- Status: Active
- Genre: My Little Pony fan convention
- Location: Moscow
- Country: Russia
- Inaugurated: 2012
- Most recent: 13–14 September 2025
- Website: https://rubronycon.ru/

= RuBronyCon =

Annual My Little Pony fan convention

RuBronyCon (РуБрониКон) is an annual My Little Pony fan convention held in Moscow, Russia organized for the fandom of the animated television series My Little Pony: Friendship Is Magic, whose adult fans are commonly referred to as bronies. RuBronyCon is the largest Russian brony convention.

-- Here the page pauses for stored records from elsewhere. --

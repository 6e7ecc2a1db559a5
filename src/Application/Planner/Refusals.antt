-- ===== src/Application/Planner/Refusals.antt =====
-- The plans that `create_plan` refuses, and the message.
use prism_agent.Prelude.{
  ℕ, ◌+◌, String, ◌≡◌, ◌∙◌, sym, refl, ap, Bool, true, false, not, ◌&&◌, ◌||◌, Option, none, some,
  List, [], ◌∷◌, any, elem, arith, Bool-cases, inl, inr, is_empty, Dict, ◌==◌, eq_iff,
}
use prism_agent.Prelude.Fallible.{ok}
use prism_agent.Prelude.Orders.{swap, swap-compare, Ordering-cases}
use Prim.Native.Nat.{Ordering}
use Prim.Native.String.{compare, ◌++◌ as cat}
use text.Mathlib.TextEquality.{path_by_compare}
use text.Mathlib.TextLemmas.{append-nil}
use prism_agent.Capabilities.Definitions.{SkillPromptDefinition, WorkflowPromptDefinition}
use prism_agent.Domain.Actions.{PlannedAction}
use prism_agent.Domain.Plans.{AgentPlan}
use prism_agent.Domain.Policies.{ActionApprovalPolicy}
use prism_agent.Domain.Results.{AgentContext}
use prism_agent.Infrastructure.Registries.{
  AgentTool, get_workflow_prompt, select_skills, allowed_tools_for, select_tools,
}
use prism_agent.Infrastructure.Registries.Lookups.{allows, allowed_tools_for_lem}
use prism_agent.Application.Effects.{
  Outside, Runtime, answered, PlanTask, raise, value_error, outside, pure, of_fallible, ◌>>=◌,
}
use prism_agent.Application.Planner.{
  PlanRequest, skill_names, tool_approval_policy, normalized_action, normalized_actions,
  normalize_plan, ensure_allowed, disallowed, is_disallowed, insert_sorted, joined, sorted_set,
  create_plan,
}

-- The lookups that `create_plan` makes succeed.
pub record IsFound (world : Outside) (request : PlanRequest) : Type 0 where
  pub prompt : WorkflowPromptDefinition
  pub skills : List SkillPromptDefinition
  pub allowed : List String
  pub tools : List AgentTool
  pub modes : Dict String String
  pub has_prompt :
      get_workflow_prompt world.registries.prompts request.workflow.prompt_id
        request.workflow.prompt_version
      ≡ ok prompt
  pub has_skills :
      select_skills world.registries.skills (skill_names request request.skill_ids) ≡ ok skills
  pub has_allowed :
      allowed_tools_for world.registries.skills (skill_names request request.skill_ids) ≡ ok allowed
  pub has_tools : select_tools world.registries.tools allowed ≡ ok tools
  pub has_modes : tool_approval_policy world.registries.tools allowed [] ≡ ok modes

disallowed-normalized :
    (allowed : List String) (context : AgentContext) (plan_id prefix : String)
    (policy : ActionApprovalPolicy) (index : ℕ) (previous : Option String)
    (actions : List PlannedAction)
    → disallowed allowed (normalized_actions context plan_id prefix policy index previous actions)
      ≡ disallowed allowed actions
unfolding disallowed normalized_actions normalized_action
disallowed-normalized allowed context plan_id prefix policy index previous [] = refl
disallowed-normalized allowed context plan_id prefix policy index previous (a ∷ actions) =
    let rest =
      disallowed-normalized allowed context plan_id prefix policy (index + 1) (some a.action_id)
        actions in
    elim (Bool-cases (elem a.tool_name allowed)) [
      | inl fine ↦ rw fine rest
      | inr bad ↦ rw bad (ap (λ l. a.tool_name ∷ l) rest)
    ]

disallowed-some :
    (allowed : List String) (actions : List PlannedAction)
    → any (is_disallowed allowed) actions ≡ true
    → is_empty (disallowed allowed actions) ≡ false
unfolding disallowed
disallowed-some allowed [] h = absurd (ground (arith, h))
disallowed-some allowed (a ∷ actions) h = elim (Bool-cases (elem a.tool_name allowed)) [
  | inl fine ↦ rw fine (disallowed-some allowed actions (ground (arith, fine, h)))
  | inr bad ↦ rw bad refl
]

-- The names are in order, each of them once.
abbrev Follows : String → List String → Type 0
Follows x [] = Unit
Follows x (y ∷ ys) = compare x y ≡ Ordering.lt

abbrev pub Ascending : List String → Type 0
Ascending [] = Unit
Ascending (x ∷ xs) = Follows x xs × Ascending xs

insert_sorted-lt :
    (t x : String) (xs : List String)
    → compare t x ≡ Ordering.lt
    → insert_sorted t (x ∷ xs) ≡ t ∷ x ∷ xs
unfolding insert_sorted
insert_sorted-lt t x xs h = rw (h, insert_sorted) refl

insert_sorted-eq :
    (t x : String) (xs : List String)
    → compare t x ≡ Ordering.eq
    → insert_sorted t (x ∷ xs) ≡ x ∷ xs
unfolding insert_sorted
insert_sorted-eq t x xs h = rw (h, insert_sorted) refl

insert_sorted-gt :
    (t x : String) (xs : List String)
    → compare t x ≡ Ordering.gt
    → insert_sorted t (x ∷ xs) ≡ x ∷ insert_sorted t xs
unfolding insert_sorted
insert_sorted-gt t x xs h = rw (h, insert_sorted) refl

Follows-insert_sorted :
    (x t : String) (xs : List String)
    → compare x t ≡ Ordering.lt
    → Follows x xs
    → Follows x (insert_sorted t xs)
unfolding insert_sorted
Follows-insert_sorted x t [] h f = h
Follows-insert_sorted x t (y ∷ ys) h f = elim (Ordering-cases (compare t y)) [
  | inl before ↦ rw (insert_sorted-lt t y ys before) h
  | inr (inl same) ↦ rw (insert_sorted-eq t y ys same) f
  | inr (inr behind) ↦ rw (insert_sorted-gt t y ys behind) f
]

Ascending-insert_sorted :
    (t : String) (xs : List String) → Ascending xs → Ascending (insert_sorted t xs)
unfolding insert_sorted
Ascending-insert_sorted t [] h = (tt, tt)
Ascending-insert_sorted t (x ∷ xs) h = elim (Ordering-cases (compare t x)) [
  | inl before ↦ rw (insert_sorted-lt t x xs before) (before, h)
  | inr (inl same) ↦ rw (insert_sorted-eq t x xs same) h
  | inr (inr behind) ↦ rw (insert_sorted-gt t x xs behind) (
    Follows-insert_sorted x t xs (swap-compare t x ∙ ap swap behind) h.0,
    Ascending-insert_sorted t xs h.1,
  )
]

Ascending-sorted_set : (texts : List String) → Ascending (sorted_set texts)
unfolding sorted_set
Ascending-sorted_set [] = tt
Ascending-sorted_set (t ∷ texts) = Ascending-insert_sorted t _ (Ascending-sorted_set texts)

elem-insert_sorted :
    (i t : String) (xs : List String) → elem i (insert_sorted t xs) ≡ (t == i || elem i xs)
unfolding insert_sorted
elem-insert_sorted i t [] = refl
elem-insert_sorted i t (x ∷ xs) = elim (Ordering-cases (compare t x)) [
  | inl before ↦ rw (insert_sorted-lt t x xs before) refl
  | inr (inl same) ↦
      rw (insert_sorted-eq t x xs same)
        (ground (arith, ap (λ z. z == i) (path_by_compare t x same)))
  | inr (inr behind) ↦
      rw (insert_sorted-gt t x xs behind) (ground (arith, elem-insert_sorted i t xs))
]

elem-sorted_set : (i : String) (texts : List String) → elem i (sorted_set texts) ≡ elem i texts
unfolding sorted_set
elem-sorted_set i [] = refl
elem-sorted_set i (t ∷ texts) =
    elem-insert_sorted i t (sorted_set texts) ∙ ap (λ b. t == i || b) (elem-sorted_set i texts)

-- The names with a comma and a space between them.
abbrev more : List String → String
more [] = ""
more (t ∷ texts) = cat ", " (cat t (more texts))

abbrev pub listed : List String → String
listed [] = ""
listed (t ∷ texts) = cat t (more texts)

joined-listed : (texts : List String) → joined texts ≡ listed texts
unfolding joined
joined-listed [] = refl
joined-listed (t ∷ []) = sym (append-nil t)
joined-listed (t ∷ u ∷ texts) = ap (λ s. cat t (cat ", " s)) (joined-listed (u ∷ texts))

module _ (skills : List SkillPromptDefinition) where
  abbrev pub uses : String → PlannedAction → Bool
  uses i action = action.tool_name == i

  -- A tool that none of the skills allows.
  abbrev pub is_foreign : String → Bool
  is_foreign i = not (any (allows i) skills)

  module _ (allowed : List String)
      (same : (t : String) → elem t allowed ≡ any (allows t) skills) where
    elem-disallowed :
        (i : String) (actions : List PlannedAction)
        → elem i (disallowed allowed actions) ≡ (any (uses i) actions && is_foreign i)
    unfolding disallowed
    elem-disallowed i [] = refl
    elem-disallowed i (a ∷ actions) = elim (Bool-cases (elem a.tool_name allowed)) [
      | inl fine ↦ rw fine (
          ground (
            arith,
            elem-disallowed i actions,
            eq_iff a.tool_name i,
            ap (λ t. elem t allowed),
            same i,
            fine,
          ))
      | inr bad ↦ rw bad (
          ground (
            arith,
            elem-disallowed i actions,
            eq_iff a.tool_name i,
            ap (λ t. elem t allowed),
            same i,
            bad,
          ))
    ]

    any-is_disallowed :
        (actions : List PlannedAction)
        → any (is_disallowed allowed) actions ≡ any (λ a. is_foreign a.tool_name) actions
    any-is_disallowed [] = refl
    any-is_disallowed (a ∷ actions) = ground (arith, same a.tool_name, any-is_disallowed actions)

create_plan-message :
    (world : Outside) (request : PlanRequest) (s : Runtime) (found : IsFound world request)
    (plan : AgentPlan)
    → ((task : PlanTask) → world.generate s.calls task ≡ answered plan)
    → any (is_disallowed found.allowed) plan.actions ≡ true
    → (create_plan world request s).0
      ≡ raise (
          value_error (
            cat "Plan contains tools not allowed by selected skills: "
              (joined (sorted_set (disallowed found.allowed plan.actions)))))
unfolding create_plan normalize_plan ensure_allowed of_fallible ◌>>=◌ outside pure
create_plan-message world request s found plan answer bad =
    rw
      (
        found.has_prompt,
        found.has_skills,
        found.has_allowed,
        found.has_tools,
        found.has_modes,
        answer _,
        disallowed-normalized found.allowed _ _ _ _ 1 none plan.actions,
        disallowed-some found.allowed plan.actions bad,
      )
      refl

-- When the lookups succeed and the planning agent answers a plan with a tool that no selected skill
-- allows, `create_plan` raises `ValueError`. Its message lists exactly the tools of the plan that no
-- selected skill allows, in ascending order and each of them once, with a comma and a space between.
pub create_plan-disallowed :
    (world : Outside) (request : PlanRequest) (s : Runtime) (found : IsFound world request)
    (plan : AgentPlan)
    → ((task : PlanTask) → world.generate s.calls task ≡ answered plan)
    → any (λ a. is_foreign found.skills a.tool_name) plan.actions ≡ true
    → (names : List String) × ((create_plan world request s).0
        ≡ raise (
            value_error
              (cat "Plan contains tools not allowed by selected skills: " (listed names))))
      × Ascending names
      × ((i : String)
          → elem i names ≡ (any (uses found.skills i) plan.actions && is_foreign found.skills i))
create_plan-disallowed world request s found plan answer bad =
    let (tools, known, members, once) =
      allowed_tools_for_lem world.registries.skills (skill_names request request.skill_ids)
        found.skills found.has_skills in
    let equal : tools ≡ found.allowed = ground (arith, known, found.has_allowed) in
    let same : (t : String) → elem t found.allowed ≡ any (allows t) found.skills =
      λ t. ap (λ l. elem t l) (sym equal) ∙ members t in
    (
      sorted_set (disallowed found.allowed plan.actions),
      create_plan-message world request s found plan answer
            (any-is_disallowed found.skills found.allowed same plan.actions ∙ bad)
          ∙ ap
              (λ names.
                raise
                  (value_error (cat "Plan contains tools not allowed by selected skills: " names)))
              (joined-listed _),
      Ascending-sorted_set _,
      λ i. elem-sorted_set i _ ∙ elem-disallowed found.skills found.allowed same i plan.actions,
    )
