-- ===== src/Domain/Provisioning.antt =====
-- src/domain/feature_provisioning.py: a request to provision a feature points at its payload. The time
-- of a request is its text.
pub mod Matches
use prism_agent.Prelude.{
  String, Bool, true, false, not, ◌&&◌, ◌||◌, Option, none, some, List, [], ◌∷◌, ◌++◌, is_empty,
  is_some, if◌then◌else◌, ◌==◌,
}
use prism_agent.Prelude.Fallible.{Fallible, ok, invalid, ◌>>◌}
use Prim.Native.String.{◌++◌ as cat}
use prism_agent.Domain.Json.{
  Json, null, text, array, object, Items, nil, cons, Fields, end, field, get, set, is_true,
}
use prism_agent.Domain.Events.{RuntimeEvent, domain, root_causality, text_or}

pub record FeatureProvisioningPointerEvent : Type 0 where
  pub request_id : String
  pub agent_run_id : Option String
  pub payload_id : Option String
  pub payload_object_name : String
  pub payload_version_id : Option String
  pub workspace_id : String
  pub project_id : String
  pub requested_by_user_id : Option String
  pub requested_at : Option String

-- A payload that was validated: its `model_dump(by_alias=True, exclude_none=True)`, and its
-- `model_extra`, which also has the keys with `None`.
pub record FeatureProvisioningPayload : Type 0 where
  pub dump : Fields
  pub extra : Fields

abbrev pub pointer_type : String
pointer_type = "feature.provisioning.requested"

unfoldable pub worker_idempotency_key : FeatureProvisioningPointerEvent → String
worker_idempotency_key pointer = cat "feature_provisioning:" pointer.request_id

-- A key of the payload, or a key of one of its objects.
pub data FieldPath : Type 0 where
  at : String → FieldPath
  inside : String → String → FieldPath

abbrev object_at : Option Json → String → Option Json
object_at (some (object container)) key = get container key
object_at _ key = none

abbrev json_else : Option Json → Option Json → Option Json
json_else (some v) o = some v
json_else none o = o

-- `data.get(parent) or extra.get(parent)`
abbrev truthy_else : Option Json → Option Json → Option Json
truthy_else (some v) o = if is_true v then some v else o
truthy_else none o = o

abbrev pub present : FeatureProvisioningPayload → FieldPath → Option Json
present payload (at key) = json_else (get payload.dump key) (get payload.extra key)
present payload (inside parent child) =
    object_at (truthy_else (get payload.dump parent) (get payload.extra parent)) child

abbrev first_at : FeatureProvisioningPayload → List FieldPath → Option Json
first_at payload [] = none
first_at payload (path ∷ paths) = json_else (present payload path) (first_at payload paths)

abbrev not_null : Option Json → Option Json
not_null (some null) = none
not_null o = o

-- `_first_present`: a `None` that is found ends the search.
unfoldable pub first_present : FeatureProvisioningPayload → List FieldPath → Option Json
first_present payload paths = not_null (first_at payload paths)

abbrev pub request_paths : List FieldPath
request_paths = at "requestId" ∷ at "request_id" ∷ []

abbrev pub workspace_paths : List FieldPath
workspace_paths =
    at "workspaceId"
    ∷ at "workspace_id"
    ∷ inside "workspace" "workspaceId"
    ∷ inside "workspace" "id"
    ∷ []

abbrev pub project_paths : List FieldPath
project_paths =
    at "projectId" ∷ at "project_id" ∷ inside "project" "projectId" ∷ inside "project" "id" ∷ []

-- `strip` and `str` are Python's `str.strip` and `str` of a JSON value that is no text.
module _ (strip : String → String) (str : Json → String) where
  abbrev pub str_of : Json → String
  str_of (text t) = t
  str_of v = str v

  abbrev pub is_specified : Option Json → Bool
  is_specified (some (text t)) = not (strip t == "")
  is_specified _ = false

  abbrev pub name_if : Bool → String → List String
  name_if b name = if b then name ∷ [] else []

  abbrev pub missing_names : FeatureProvisioningPayload → List String
  missing_names payload =
      name_if (not (is_some (first_present payload project_paths))) "projectId"
      ++ name_if (not (is_some (first_present payload request_paths))) "requestId"
      ++ name_if (not (is_some (first_present payload workspace_paths))) "workspaceId"

  abbrev names_json : List String → Items
  names_json [] = nil
  names_json (name ∷ names) = cons (text name) (names_json names)

  -- The entry of a field in `mismatches`, if its two values differ.
  abbrev pub note_mismatch : String → String → Option Json → Fields → Fields
  note_mismatch name expected none rest = rest
  note_mismatch name expected (some actual) rest =
      if str_of actual == expected
      then rest
      else field name (object (field "pointer" (text expected) (field "payload" actual end))) rest

  abbrev pub mismatches : FeatureProvisioningPointerEvent → FeatureProvisioningPayload → Fields
  mismatches pointer payload =
      note_mismatch "requestId" pointer.request_id (first_present payload request_paths) (
        note_mismatch "workspaceId" pointer.workspace_id (first_present payload workspace_paths)
          (note_mismatch "projectId" pointer.project_id (first_present payload project_paths) end))

  abbrev pub check_missing : FeatureProvisioningPayload → Fallible (Unit {0})
  check_missing payload =
      if is_empty (missing_names payload)
      then ok tt
      else invalid (
          cat "Feature provisioning payload missing identity fields: "
            (str (array (names_json (missing_names payload)))))

  abbrev pub check_matches : Fields → Fallible (Unit {0})
  check_matches end = ok tt
  check_matches (field k v rest) =
      invalid (
        cat "Feature provisioning payload does not match pointer: " (str (object (field k v rest))))

  unfoldable pub validate_matches :
      FeatureProvisioningPayload → FeatureProvisioningPointerEvent → Fallible (Unit {0})
  validate_matches payload pointer =
      if is_specified (get payload.dump "featureSpecification")
      then check_missing payload >> check_matches (mismatches pointer payload)
      else invalid "Feature provisioning payload missing featureSpecification."

abbrev field_if : String → Option String → Fields → Fields
field_if key none rest = rest
field_if key (some t) rest = field key (text t) rest

-- `pointer.model_dump(by_alias=True, exclude_none=True)`
unfoldable pub pointer_json : FeatureProvisioningPointerEvent → Fields
pointer_json pointer = field "type" (text pointer_type) (
    field "version" (text "1.0") (
      field "requestId" (text pointer.request_id) (
        field_if "agentRunId" pointer.agent_run_id (
          field_if "payloadId" pointer.payload_id (
            field "payloadObjectName" (text pointer.payload_object_name) (
              field_if "payloadVersionId" pointer.payload_version_id (
                field "workspaceId" (text pointer.workspace_id) (
                  field "projectId" (text pointer.project_id) (
                    field_if "requestedByUserId" pointer.requested_by_user_id
                      (field_if "requestedAt" pointer.requested_at end))))))))))

abbrev set_from : String → Option Json → Fields → Fields
set_from key none payload = payload
set_from key (some v) payload = set payload key v

abbrev run_of : Option String → Fields → Fields
run_of none payload = payload
run_of (some run_id) payload =
    if run_id == "" then payload else set payload "agentRunId" (text run_id)

-- `to_domain_event`. A payload that was validated has both keys.
unfoldable pub to_domain_event :
    FeatureProvisioningPayload
    → FeatureProvisioningPointerEvent
    → (event_id : String) → RuntimeEvent
to_domain_event payload pointer event_id = record {
  kind = domain;
  event_id = event_id;
  event_type = pointer_type;
  workspace_id = pointer.workspace_id;
  project_id = some pointer.project_id;
  payload = run_of pointer.agent_run_id (
      set
        (set_from "workspace_members" (get payload.dump "workspaceMembers")
          (set_from "feature_specification" (get payload.dump "featureSpecification") payload.dump))
        "queue_pointer" (object (pointer_json pointer)));
  correlation_id = some pointer.request_id;
  causality = root_causality;
  idempotency_key = some pointer.request_id;
}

The most recent RuBronyCon took place 13–14 September 2025 at the ZIL Culture Centre.

== Overview ==

RuBronyCon is the largest brony convention in Russia and includes cosplay shows, a vendor hall, panels, presentations, and a brony music concert. It serves as the primary gathering place for the large Russian-speaking brony community, which emerged in 2011 on online forums like 4chan. In 2014, RuBronyCon attracted over 1,200 attendees and its VK page had over 80,000 subscribers.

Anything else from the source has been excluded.